Łup i nie ma! A i tak przegraliśmy tę przeklętą wojnę. Właśnie wtedy, po Rodezji, poczułem, że mam już dość. Zarabiałem wprawdzie na życie, ale nic z tego nie wynikało — za każdym razem przegrywaliśmy. Więc wróciłem do domu i zostałem farmerem, tak jak mój ojciec, jego ojciec i ojciec jego ojca. I pewnego dnia, jeśli Bóg zechce, Mike też tutaj powróci i opuści to miejsce dopiero nogami do przodu.
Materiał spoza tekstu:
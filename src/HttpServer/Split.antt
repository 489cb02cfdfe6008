-- ===== src/HttpServer/Split.antt =====
-- `boost::split` with a set of one separator, which `HttpServer::parseQueryParams` calls. Boost is
-- not part of the repository: the function is a parameter, with what its documentation says.
use mathlib.Core.Path.{fun_ext}
use uni_serve_libhttp.Common.{
  ℕ, ◌≡◌, refl, sym, ap, ◌∙◌, ◌≢◌, List, [], ◌∷◌, ◌++◌, arith, ◌==◌, if◌then◌else◌, All, Str, Lacks,
}

-- The pieces with the separator between any two of them.
abbrev pub join : ℕ → List Str → Str
join c [] = []
join c (p ∷ []) = p
join c (p ∷ (q ∷ ps)) = p ++ (c ∷ join c (q ∷ ps))

-- Every separator delimits two pieces (`token_compress_off`), an empty text is one empty piece.
pub record IsSplit (split : ℕ → Str → List Str) : Type 0 where
  pub joined : (c : ℕ) (s : Str) → join c (split c s) ≡ s
  pub pieces : (c : ℕ) (s : Str) → All (Lacks c) (split c s)
  pub some_piece : (c : ℕ) (s : Str) → split c s ≢ []

cons_head : ℕ → List Str → List Str
cons_head x [] = (x ∷ []) ∷ []
cons_head x (p ∷ ps) = (x ∷ p) ∷ ps

-- A function of that kind, to which every other is equal.
unfoldable pub split_on : ℕ → Str → List Str
unfolding cons_head
split_on c [] = [] ∷ []
split_on c (x ∷ s) = if x == c then [] ∷ split_on c s else cons_head x (split_on c s)

pub split_on_piece : (c : ℕ) (p : Str) → Lacks c p → split_on c p ≡ p ∷ []
unfolding split_on
split_on_piece c [] h = refl
split_on_piece c (x ∷ p) (q, h) = ground (arith, split_on_piece c p h)

pub split_on-append : (c : ℕ) (p s : Str) → Lacks c p → split_on c (p ++ (c ∷ s)) ≡ p ∷ split_on c s
unfolding split_on
split_on-append c [] s h = ground arith
split_on-append c (x ∷ p) s (q, h) = ground (arith, split_on-append c p s h)

pub split_on-join :
    (c : ℕ) (ps : List Str) → ps ≢ [] → All (Lacks c) ps → split_on c (join c ps) ≡ ps
split_on-join c [] n h = absurd (n refl)
split_on-join c (p ∷ []) n (h, _) = split_on_piece c p h
split_on-join c (p ∷ (q ∷ ps)) n (h, hs) =
    split_on-append c p (join c (q ∷ ps)) h ∙ ap (◌∷◌ p) (split_on-join c (q ∷ ps) (λ e. cc) hs)

pub split_on-ne-nil : (c : ℕ) (s : Str) → split_on c s ≢ []
unfolding split_on
split_on-ne-nil c [] = cc
split_on-ne-nil c (x ∷ s) = ground arith

pieces_of_split_on : (c : ℕ) (s : Str) → All (Lacks c) (split_on c s)
unfolding split_on
pieces_of_split_on c [] = (tt, tt)
pieces_of_split_on c (x ∷ s) = ground (arith, pieces_of_split_on c s)

join-cons_head : (c x : ℕ) (ps : List Str) → ps ≢ [] → join c (cons_head x ps) ≡ x ∷ join c ps
unfolding cons_head
join-cons_head c x [] n = absurd (n refl)
join-cons_head c x (p ∷ []) n = refl
join-cons_head c x (p ∷ (q ∷ ps)) n = refl

join-nil_cons : (c : ℕ) (ps : List Str) → ps ≢ [] → join c ([] ∷ ps) ≡ c ∷ join c ps
join-nil_cons c [] n = absurd (n refl)
join-nil_cons c (p ∷ ps) n = refl

join-split_on : (c : ℕ) (s : Str) → join c (split_on c s) ≡ s
unfolding split_on
join-split_on c [] = refl
join-split_on c (x ∷ s) = ground (
  arith,
  join-split_on c s,
  join-nil_cons c (split_on c s) (split_on-ne-nil c s),
  join-cons_head c x (split_on c s) (split_on-ne-nil c s),
)

pub split_on-IsSplit : IsSplit split_on
split_on-IsSplit = record {
  joined = join-split_on;
  pieces = pieces_of_split_on;
  some_piece = split_on-ne-nil;
}

-- The documentation leaves no choice.
pub split-eq : {split : ℕ → Str → List Str} → IsSplit split → split ≡ split_on
split-eq {split} h = fun_ext λ c. fun_ext λ s.
    sym (split_on-join c (split c s) (h.some_piece c s) (h.pieces c s))
    ∙ ap (split_on c) (h.joined c s)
Spojrzał na synową rozognionym wzrokiem, a ona zdała sobie sprawę, że wreszcie mówi do niej jak żołnierz do żołnierza, a nie jak do cywila w mundurze.

— Wiedz jedno, Sharon — a być może to ostatni raz, kiedy mam okazję doradzić coś młodemu oficerowi — trzeba bardziej uważać na przyjaciół niż na wrogów. Możesz stawiać opór wrogom, ale cholernie ciężko jest bronić się przed sojusznikami. — Potrząsnął głową, dolał sobie whisky, a ogień w jego duszy nagle przygasł.

— Tato?

— Tak, poruczniku? — O’Neal nie podniósł wzroku znad kubka z bimbrem.

— Cieszę się, że go zastrzeliłeś. Gdybyś tego nie zrobił, nie byłoby cię tu teraz z nami. — Uśmiechnęła się lekko. — Niezbadane są wyroki boskie.

— Hmmm. Cóż, właściwie go nie zastrzeliłem. Użyłem noża.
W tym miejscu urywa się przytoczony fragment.